= DIRECTIONS =
Find and copy every line in the records that includes the string "cases".

Records from a dataset
#####
-- ===== src/Address/Parse/Bounds.antt =====
-- What is read from a string is in the range of its type.
use setka.Prelude.{
  ℕ, subst, ◌*◌, ◌%◌, ◌^◌, ◌<◌, ◌≡◌, refl, inl, inr, Option, none, some, [], ◌∷◌, arith, Bool-cases,
  ◌==◌,
}
use setka.Prelude.Bits.{bit_or-shift}
use setka.Utki.{Utki, Bytes}
use setka.Address.{Ip, Address, IsIp, of_v4, of_words, of_bytes, join16, join32}
use setka.Address.Parse.{
  Inet, of_s6_addr, parse_v4, parse_v6, parse_port, is_ip_v4_string, copy_v4, copy_v6, with_port,
  of_string,
}

-- An address that its types can hold.
pub record IsAddress (a : Address) : Type 0 where
  pub host : IsIp a.host
  pub port_lt : a.port < 2 ^ 16

-- What is there, if anything is, meets a condition.
abbrev pub Any : {A : Type 0} → (A → Type 0) → Option A → Type 0
Any P none = Unit {0}
Any P (some a) = P a

Any-elim :
    {A B : Type 0} (Q : B → Type 0) (o : Option A) (f : A → Option B)
    → ((a : A) → o ≡ some a → Any Q (f a))
    → Any Q (elim o as (λ _. Option B) [ none ↦ none | some a ↦ f a ])
Any-elim Q none f h = tt
Any-elim Q (some a) f h = h a refl

Any-at : {A : Type 0} (P : A → Type 0) (o : Option A) (a : A) → Any P o → o ≡ some a → P a
Any-at P o a h e = subst (Any P) e h

join32_lt : (a b : ℕ) → a < 2 ^ 16 → b < 2 ^ 16 → join32 16 a b < 2 ^ 32
join32_lt a b ha hb =
    let high : a * 2 ^ 16 % 2 ^ 32 ≡ a * 2 ^ 16 = omega arith in
    rw (high, bit_or-shift 16 a b hb) (omega arith)

join16_lt : (a b : ℕ) → join16 a b < 2 ^ 16
join16_lt a b = omega arith

quad_lt : (a b c d : ℕ) → join32 16 (join16 a b) (join16 c d) < 2 ^ 32
quad_lt a b c d = join32_lt (join16 a b) (join16 c d) (join16_lt a b) (join16_lt c d)

-- Whatever the bytes are, their shifts make up numbers of 32 bits.
of_bytes-IsIp :
    (a0 a1 a2 a3 a4 a5 a6 a7 a8 a9 a10 a11 a12 a13 a14 a15 : ℕ)
    → IsIp (of_bytes a0 a1 a2 a3 a4 a5 a6 a7 a8 a9 a10 a11 a12 a13 a14 a15)
unfolding of_bytes of_words
of_bytes-IsIp a0 a1 a2 a3 a4 a5 a6 a7 a8 a9 a10 a11 a12 a13 a14 a15 = record {
  quad0_lt = quad_lt a0 a1 a2 a3;
  quad1_lt = quad_lt a4 a5 a6 a7;
  quad2_lt = quad_lt a8 a9 a10 a11;
  quad3_lt = quad_lt a12 a13 a14 a15;
}

of_v4-IsIp : (h : ℕ) → h < 2 ^ 32 → IsIp (of_v4 h)
of_v4-IsIp h lt = record {
  quad0_lt = omega arith;
  quad1_lt = omega arith;
  quad2_lt = omega arith;
  quad3_lt = lt;
}

of_s6_addr-IsIp : (bs : Bytes) → Any IsIp (of_s6_addr bs)
of_s6_addr-IsIp
      (a0 ∷ a1 ∷ a2 ∷ a3 ∷ a4 ∷ a5 ∷ a6 ∷ a7 ∷ a8 ∷ a9 ∷ a10 ∷ a11 ∷ a12 ∷ a13 ∷ a14 ∷ a15 ∷ s) =
    of_bytes-IsIp a0 a1 a2 a3 a4 a5 a6 a7 a8 a9 a10 a11 a12 a13 a14 a15
of_s6_addr-IsIp _ = tt

module _ (n : Inet) where
  parse_v4-IsIp : (s : Bytes) → Any IsIp (parse_v4 n s)
  parse_v4-IsIp s =
      Any-elim IsIp (n.pton4 s) (λ h. some (of_v4 h)) λ h e. of_v4-IsIp h (n.pton4_lt s h e)

  parse_v6-IsIp : (s : Bytes) → Any IsIp (parse_v6 n s)
  parse_v6-IsIp s = Any-elim IsIp (n.pton6 s) of_s6_addr λ bs e. of_s6_addr-IsIp bs

parse_port-bounded : (s : Bytes) → Any (λ p. p < 2 ^ 16) (parse_port s)
unfolding parse_port
parse_port-bounded [] = omega arith
parse_port-bounded (c ∷ s) = ground arith

module _ (u : Utki) (n : Inet) where
  with_port-IsAddress :
      (o : Option Ip) (rest : Bytes) → Any IsIp o → Any IsAddress (with_port u o rest)
  with_port-IsAddress none rest h = tt
  with_port-IsAddress (some i) rest h =
      Any-elim IsAddress (parse_port rest) (λ p. some (record { host = i; port = p }))
        λ p e. record {
          host = h;
          port_lt = Any-at _ (parse_port rest) p (parse_port-bounded rest) e;
        }

  -- Every address that is read from a string has quads of 32 bits and a port of 16 bits, whatever the
  -- string is.
  pub of_string-IsAddress : (s : Bytes) → Any IsAddress (of_string u n s)
  unfolding of_string
  of_string-IsAddress [] = tt
  of_string-IsAddress (c ∷ s) = elim (Bool-cases (c == b'[')) [
    | inl bracket ↦ rw bracket (
        Any-elim IsAddress (copy_v6 u 0 s) (λ x. with_port u (parse_v6 n x.0) x.1)
          λ x e. with_port-IsAddress (parse_v6 n x.0) x.1 (parse_v6-IsIp n x.0))
    | inr plain ↦ rw plain (elim (Bool-cases (is_ip_v4_string (c ∷ s))) [
      | inl v4 ↦ rw v4 (
          Any-elim IsAddress (copy_v4 u 0 (c ∷ s)) (λ x. with_port u (parse_v4 n x.0) x.1)
            λ x e. with_port-IsAddress (parse_v4 n x.0) x.1 (parse_v4-IsIp n x.0))
      | inr v6 ↦ rw v6 (
          Any-elim IsAddress (parse_v6 n (c ∷ s)) (λ h. some (record { host = h; port = 0 }))
            λ h e. record {
              host = Any-at IsIp (parse_v6 n (c ∷ s)) h (parse_v6-IsIp n (c ∷ s)) e;
              port_lt = omega arith;
            })
    ])
  ]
#####
= THE ANSWER =
  ℕ, subst, ◌*◌, ◌%◌, ◌^◌, ◌<◌, ◌≡◌, refl, inl, inr, Option, none, some, [], ◌∷◌, arith, Bool-cases,
  of_string-IsAddress (c ∷ s) = elim (Bool-cases (c == b'[')) [
    | inr plain ↦ rw plain (elim (Bool-cases (is_ip_v4_string (c ∷ s))) [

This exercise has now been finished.